You drove through Lviv, the town you were born and raised in, now disfigured almost beyond recognition. There were remnants of fire everywhere. The air smelled like smoke, piles of burnt-out equipment lay beside the street like smoking funeral pyres, and flames blackened the walls of a kindergarten a kilometre from home.

Then suddenly there was open fire – shooting and shelling, a storm of debris, glass flying and exploding. People on the roadside were screaming and scrambling, falling to the ground and covering their heads. Some fell forever.

Somehow you made it through, out of the city and past the checkpoints. You joined the slow convoy of cars and buses carrying pregnant women, grandfathers, toddlers, and students, all united by the single aim of safety and survival. You began to head inch by inch for the country’s edge; beyond that, you have no plan.
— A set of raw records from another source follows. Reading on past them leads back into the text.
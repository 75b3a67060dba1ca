-- ===== src/Network/Node/Scan.antt =====
-- The scan for equivocation of internal/network/node.go, by way of fault_adaptor.go.
pub mod Blind
use decentralized_poker_engi.Common.{
  ℕ, Bool, true, false, Option, none, some, List, [], ◌∷◌, ◌==◌, if◌then◌else◌,
}
use decentralized_poker_engi.Network.Gamelog.{Envelope, Gamelog, detect_equivocation}
use decentralized_poker_engi.Network.Node.{Node}

-- internal/fault/types.go
pub record LogEntry : Type 0 where
  pub sender_id : ℕ
  pub seq : ℕ
  pub payload : List ℕ
  pub signature : List ℕ

abbrev pub to_entry : Envelope → LogEntry
to_entry e = record {
  sender_id = e.sender_id;
  seq = e.seq;
  payload = e.payload;
  signature = e.signature;
}

-- DetectEquivocation of the adaptor; `none` is the empty sender, which is 0.
unfoldable pub find_entries : Gamelog → Option (ℕ × LogEntry × LogEntry)
find_entries gl = elim (detect_equivocation gl) [
  | none ↦ none
  | some (id, a, b) ↦ if id == 0 then none else some (id, to_entry a, to_entry b)
]

-- What a tick of the scan reports.
unfoldable pub scan : Node → Option ℕ
scan n = elim (find_entries n.log) [ none ↦ none | some (id, a, b) ↦ some id ]
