-- ===== src/Network/Node/Scan/Blind.antt =====
-- The scan for equivocation finds nothing, whatever a node receives.
use decentralized_poker_engi.Common.{
  ℕ, ◌≡◌, sym, subst, arith, Bool-cases, inl, inr, Option-cases, none, List, [], ◌∷◌, ◌==◌,
}
use decentralized_poker_engi.Network.Gamelog.{Envelope, new_game_log, append}
use decentralized_poker_engi.Network.Gamelog.Equivocation.{
  IsKeyed, append-IsKeyed, new_game_log-IsKeyed, IsKeyed-detect_equivocation,
}
use decentralized_poker_engi.Network.Codec.{Libraries, KeyLookup}
use decentralized_poker_engi.Network.Node.{
  Node, Payloads, heartbeat, update_seq_map, check_and_update_seq, check_and_update_heartbeat_seq,
  set_hand_num, log_it, route, accept, dispatch, dispatch_heartbeat, decode_remote_envelope,
  handle_direct,
}
use decentralized_poker_engi.Network.Node.Logged.{route-log, handle_direct-log}
use decentralized_poker_engi.Network.Node.Scan.{find_entries, scan}

-- What comes to a node: bytes on the table topic with the time, bytes on the heartbeat topic, an
-- envelope on a direct stream, and the number of a new hand.
pub data Arrival : Type 0 where
  on_table : List ℕ → ℕ → Arrival
  on_beats : List ℕ → Arrival
  on_stream : Envelope → Arrival
  next_hand : ℕ → Arrival

module _ (lib : Libraries) (payloads : Payloads) (extract : ℕ → KeyLookup) where
  abbrev pub receive : Arrival → Node → Node
  receive (on_table bytes now) n = (dispatch lib payloads extract bytes now n).0
  receive (on_beats bytes) n = (dispatch_heartbeat lib payloads extract bytes n).0
  receive (on_stream env) n = (handle_direct lib payloads extract env n).0
  receive (next_hand hand) n = set_hand_num hand n

  abbrev pub receive_all : List Arrival → Node → Node
  receive_all [] n = n
  receive_all (a ∷ rest) n = receive_all rest (receive a n)

  accept-IsKeyed :
      (env : Envelope) (now : ℕ) (n : Node)
      → IsKeyed n.log
      → IsKeyed (accept lib payloads extract env now n).0.log
  unfolding accept check_and_update_seq
  accept-IsKeyed env now n k =
      let noted = record n { seq_nums = (update_seq_map n.seq_nums env.sender_id env.seq).0 } in
      let routed : (route lib payloads extract env now (log_it env noted)).0.log
          ≡ (append env n.log).0 =
        route-log lib payloads extract env now (log_it env noted) in
      let logged = subst IsKeyed (sym routed) (append-IsKeyed env n.log k) in
      elim (Bool-cases (env.kind == heartbeat)) [
        | inl e ↦ rw (e, accept) k
        | inr e ↦ elim (Bool-cases (update_seq_map n.seq_nums env.sender_id env.seq).1) [
          | inl f ↦ rw (e, f, accept) logged
          | inr f ↦ rw (e, f, accept) k
        ]
      ]

  dispatch-IsKeyed :
      (bytes : List ℕ) (now : ℕ) (n : Node)
      → IsKeyed n.log
      → IsKeyed (dispatch lib payloads extract bytes now n).0.log
  unfolding dispatch
  dispatch-IsKeyed bytes now n k =
      elim (Option-cases (decode_remote_envelope lib payloads extract bytes n)) [
        | inl e ↦ rw (e, dispatch) k
        | inr (env, e) ↦ rw (e, dispatch) (accept-IsKeyed env now n k)
      ]

  dispatch_heartbeat-log :
      (bytes : List ℕ) (n : Node) → (dispatch_heartbeat lib payloads extract bytes n).0.log ≡ n.log
  unfolding dispatch_heartbeat check_and_update_heartbeat_seq
  dispatch_heartbeat-log bytes n = ground arith

  receive-IsKeyed : (a : Arrival) (n : Node) → IsKeyed n.log → IsKeyed (receive a n).log
  unfolding set_hand_num
  receive-IsKeyed (on_table bytes now) n k = dispatch-IsKeyed bytes now n k
  receive-IsKeyed (on_beats bytes) n k = subst IsKeyed (sym (dispatch_heartbeat-log bytes n)) k
  receive-IsKeyed (on_stream env) n k =
      subst IsKeyed (sym (handle_direct-log lib payloads extract env n))
        (append-IsKeyed env n.log k)
  receive-IsKeyed (next_hand hand) n k = new_game_log-IsKeyed n.table_id hand

  receive_all-IsKeyed :
      (rest : List Arrival) (n : Node) → IsKeyed n.log → IsKeyed (receive_all rest n).log
  receive_all-IsKeyed [] n k = k
  receive_all-IsKeyed (a ∷ rest) n k =
      receive_all-IsKeyed rest (receive a n) (receive-IsKeyed a n k)

  -- At a node that starts a hand with a new log, the scan for equivocation never reports anybody,
  -- whatever comes on the topics and the streams, two different payloads under one number included.
  pub scan_blind :
      (table_id hand : ℕ) (n : Node) (rest : List Arrival)
      → n.log ≡ new_game_log table_id hand
      → scan (receive_all rest n) ≡ none
  unfolding scan find_entries
  scan_blind table_id hand n rest fresh =
      let keyed = subst IsKeyed (sym fresh) (new_game_log-IsKeyed table_id hand) in
      let nothing =
        IsKeyed-detect_equivocation (receive_all rest n).log (receive_all-IsKeyed rest n keyed) in
      ground (arith, nothing)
3:30 am. After fifteen long hours on the road, you approach the border. As you wait, you catch sight of yourself in the rear-view mirror. Until now you’ve felt almost no emotions, blocked by instinct and adrenaline. But seeing your cold, tired face somehow sparks a sudden and unwilling realisation. You’re homeless. You have nothing. You’re dependent on the goodwill of strangers. You’re a refugee.

 

While fictional, the above journey is based on stories recounted by refugees who have testified of their experiences of escaping the war with Russia. According to the UNHCR, around 4.5 million refugees have fled Ukraine since February this year, and this figure will only continue to rise as the conflict continues.